Cardinal Loris Capovilla, 98, who served as Blessed John’s secretary for 10 years, and Polish Cardinal Stanislaw Dziwisz, who served as Blessed John Paul’s secretary for 39 years, spoke to reporters at the Vatican on April 25 about the canonisation of the two popes.

Cardinal Capovilla, who spoke from northern Italy, told reporters they would have to forgive him for being “an old priest,” who was “emotional, confused and intimidated” by the video link with the media at the Vatican.

“I feel the greatness and beauty of this moment we are living,” said the cardinal.

While Pope John was 81 when he died in 1963, “I didn’t witness the death of an old man. I saw a child die,” the cardinal said.

Pope John had the gleam in his eyes of a child and a smile on his lips.
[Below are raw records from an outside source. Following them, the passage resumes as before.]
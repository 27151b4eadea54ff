-- ===== src/Api/Swaps.antt =====
-- Swap (internal/api/wallet.go). An error is answered with status 400.
pub mod Laws
use dex_backend.Base.{
  ℕ, ◌-◌, ◌*◌, ◌/◌, Bool, ◌&&◌, ◌||◌, not, Option, none, some, ◌==◌, if◌then◌else◌,
}
use dex_backend.Result.{Result, ok, err, Err}
use dex_backend.Text.Bytes.{Str, str_eq, trim_space, to_upper}
use dex_backend.Text.Decimal.{string}
use dex_backend.Asset.{usdt, usdc, biusd, name}
use dex_backend.Schema.{LedgerDb}
use dex_backend.Ledger.{validate_positive_amount}
use dex_backend.Ledger.Transfers.{swap_balance}
use dex_backend.Api.{Claims}

-- `amount`, `creditedAmount` and `feeAmount` of the response.
pub record SwapReply : Type 0 where
  pub amount : ℕ
  pub credited_amount : ℕ
  pub fee_amount : Option ℕ

abbrev pub swap_fee_bps_out : ℕ
swap_fee_bps_out = 100

-- `swapDestinations[source][destination]`
unfoldable pub swap_destinations : Str → Str → Bool
swap_destinations source destination =
    if str_eq source (name usdt)
    then str_eq destination (name biusd)
    else if str_eq source (name usdc)
    then str_eq destination (name biusd)
    else str_eq source (name biusd)
      && (str_eq destination (name usdt) || str_eq destination (name usdc))

-- The rate in basis points, if a fee is charged.
unfoldable pub swap_fee_rate : Str → Option ℕ
swap_fee_rate destination = if str_eq destination (name biusd) then none else some swap_fee_bps_out

-- `feeAmount`, and none where nothing is charged.
unfoldable pub fee_amount_of : Option ℕ → ℕ → Option ℕ
fee_amount_of none x = none
fee_amount_of (some bps) x = some (x * bps / 10000)

abbrev pub fee_or_zero : Option ℕ → ℕ
fee_or_zero none = 0
fee_or_zero (some fee) = fee

answer_swap : SwapReply → Result (Unit {0}) × LedgerDb → Result SwapReply × LedgerDb
answer_swap r (ok _, db) = (ok r, db)
answer_swap r (err x, db) = (err x, db)

unfoldable pub swap_amount : ℕ → Str → Str → Result ℕ → LedgerDb → Result SwapReply × LedgerDb
unfolding answer_swap
swap_amount user source destination (err x) db = (err x, db)
swap_amount user source destination (ok x) db =
    let fee = fee_amount_of (swap_fee_rate destination) x in
    let credited = x - fee_or_zero fee in
    if credited == 0
    then (err Err.fee_exceeds, db)
    else answer_swap (record { amount = x; credited_amount = credited; fee_amount = fee })
        (swap_balance user source (string x) destination (string credited) db)

unfoldable pub swap_assets : ℕ → Str → Str → Str → LedgerDb → Result SwapReply × LedgerDb
swap_assets user amount source destination db =
    if str_eq source destination
    then (err Err.same_asset, db)
    else if not (swap_destinations source destination)
    then (err Err.no_such_swap, db)
    else swap_amount user source destination (validate_positive_amount amount) db

unfoldable pub swap : Option Claims → Str → Str → Str → LedgerDb → Result SwapReply × LedgerDb
swap none amount source destination db = (err Err.not_authenticated, db)
swap (some c) amount source destination db =
    swap_assets c.user_id amount (to_upper (trim_space source)) (to_upper (trim_space destination))
      db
“Saints are those who remain children,” Cardinal Capovilla said, maintaining youthful energy and enthusiasm as they follow the path God sets out for them.

Cardinal Dziwisz, (pictured) who turned 75 on the canonisation day, first met the then-Father Karol Wojtyla at a Polish seminary.

He told reporters, “for 39 years I lived with John Paul II … I lived with a saint. And I wasn’t the only one who thought so.”

Pope John Paul was a great professor, priest, bishop, cardinal and pope, he said, but his holiness was seen in his prayer.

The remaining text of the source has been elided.